In this example we show how to use a `mlcolvar` module, and in particular Principal Component Analysis (PCA) to reduce the dimensionality of the inputs. We first define the preprocessing and compute the 2 principal components out of a 10-d dataset.

In [8]:
from mlcolvar.core.stats import PCA

# create synthetic dataset
n_input = 10
X = torch.rand(100,n_input)
y = X.square().sum(1)

# compute PCA
n_pca = 2

pca = PCA(in_features=n_input, out_features=n_pca)
_ = pca.compute(X)

Then we can apply it to the dataset to get the pre-processed data and create the datamodule

In [9]:
from mlcolvar.data import DictDataset

X_pre = pca(X)

DictDataset(dict(data=X_pre,target=y))

DictDataset( "data": [100, 2], "target": [100] )

And save it into the model, here a `RegressionCV`. Note that the input of the CV needs to be equal to 2 now, since we are going to apply it to the pre-processed dataset

In [12]:
from mlcolvar.cvs import RegressionCV

model = RegressionCV(model=[2,10,10,1], 
                     preprocessing = pca ) 

# the preprocessing can also be saved later, like in:
# model.preprocessing = pca

model

  rank_zero_warn(


RegressionCV(
  (preprocessing): PCA(in_features=10, out_features=2)
  (loss_fn): MSELoss()
  (norm_in): Normalization(in_features=2, out_features=2, mode=mean_std)
  (nn): FeedForward(
    (nn): Sequential(
      (0): Linear(in_features=2, out_features=10, bias=True)
      (1): ReLU(inplace=True)
      (2): Linear(in_features=10, out_features=10, bias=True)
      (3): ReLU(inplace=True)
      (4): Linear(in_features=10, out_features=1, bias=True)
    )
  )
)

For inference, we should either call `forward` on the raw original data (which is what is exported to Torchscript) or also `forward_cv` to the raw data (which is what is executed during training).

In [11]:
y_pred      = model.forward(X) #equivalent to model(X)
y_pred_pre  = model.forward_cv(X_pre)

torch.allclose(y_pred,y_pred_pre)

True

## Post-processing

Similarly, one might want to do some post-processing operations, typically after the training is completed. Here we use this feature to standardize the CV output such that it lies in the range between -1 and 1. 

In [15]:
from mlcolvar.cvs import AutoEncoderCV

model = AutoEncoderCV(encoder_layers=[10,5,1])

Calculate mean and range to be subtracted and divided for with the Normalization class.

In [23]:
from mlcolvar.core.transform import Statistics

with torch.no_grad():
    y_pred = model(X)
    
stats = Statistics(y_pred).to_dict()
stats

{'mean': tensor([-0.2367]),
 'std': tensor([0.0248]),
 'min': tensor([-0.3403]),
 'max': tensor([-0.1554])}

Define a Normalization object based on these values and `mode=min_max`. Note that, in order to standardize the outputs such that the mean is 0 and stdandard deviation is 1 you should use the `mode=mean_std` instead.

In [24]:
from mlcolvar.core.transform import Normalization

norm = Normalization(in_features=1,
                        stats=stats, mode='min_max')

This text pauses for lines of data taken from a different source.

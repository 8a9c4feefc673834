-- ===== src/MasterKey/Dispatch.antt =====
-- `eraser_netlink_recv` of dm-holepunch-main.c with many devices: which message changes which.
use secure_deletion.Common.{
  ℕ, false, ◌≡◌, ◌≢◌, refl, arith, ◌⊎◌, inl, inr, List, [], ◌∷◌, ◌==◌, Bool-cases, All, ap,
}
use secure_deletion.MasterKey.{
  Device, Message, MessageType, msg_get_key, msg_set_key, msg_die, msg_unknown, msg_payload,
  recv_found, recv_list, netlink_recv,
}

-- A device that is not named, or waits for nothing.
abbrev pub IsQuiet : Message → Device → Type 0
IsQuiet m d = (d.eraser_name ≢ m.name) ⊎ ((d.get_requested ≡ false) × (d.set_requested ≡ false))

module _ (encrypt decrypt : (sec_key key : ℕ) → ℕ) where
  recv_found-quiet :
      (ty : MessageType) (m : Message) (d : Device)
      → d.get_requested ≡ false
      → d.set_requested ≡ false
      → recv_found encrypt decrypt ty m d ≡ d
  unfolding recv_found
  recv_found-quiet msg_get_key m d get set = simp get refl
  recv_found-quiet msg_set_key m d get set = simp set refl
  recv_found-quiet msg_die m d get set = refl
  recv_found-quiet msg_unknown m d get set = refl

  recv_list-quiet :
      (m : Message) (ds : List Device) → All (IsQuiet m) ds → recv_list encrypt decrypt m ds ≡ ds
  unfolding recv_list
  recv_list-quiet m [] quiet = refl
  recv_list-quiet m (d ∷ ds) (inl ne, rest) =
      let e : (d.eraser_name == m.name) ≡ false = ground arith in
      rw e (ap (λ l. d ∷ l) (recv_list-quiet m ds rest))
  recv_list-quiet m (d ∷ ds) (inr (get, set), rest) = elim (Bool-cases (d.eraser_name == m.name)) [
    | inl e ↦ rw e (ap (λ x. x ∷ ds) (recv_found-quiet m.nlmsg_type m d get set))
    | inr e ↦ rw e (ap (λ l. d ∷ l) (recv_list-quiet m ds rest))
  ]

-- A message, of any type and length, changes no device when every device has another name or has no
-- request pending: unsolicited keys and acknowledgements are dropped.
netlink_recv-quiet :
    (encrypt decrypt : (sec_key key : ℕ) → ℕ) (m : Message) (ds : List Device)
    → All (IsQuiet m) ds
    → netlink_recv encrypt decrypt m ds ≡ ds
unfolding netlink_recv
netlink_recv-quiet encrypt decrypt m ds quiet = elim (Bool-cases (m.len == msg_payload)) [
  | inl e ↦ rw e (recv_list-quiet encrypt decrypt m ds quiet)
  | inr e ↦ rw e refl
]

Finally, we can save it as postprocessing in the CV object, and test whether it is working when calling the forward method.

In [27]:
model.postprocessing = norm

with torch.no_grad():
    y_pred_post = model(X)
    
stats = Statistics(y_pred_post).to_dict()
stats

{'mean': tensor([0.1210]),
 'std': tensor([0.2687]),
 'min': tensor([-1.]),
 'max': tensor([1.])}

That's it! Now the outputs of the CV will be rescaled such that the min and max over the training set are equal to -1 and 1.

Note: it you would like to reset the pre-/post- processing modules you can just set them to `None`.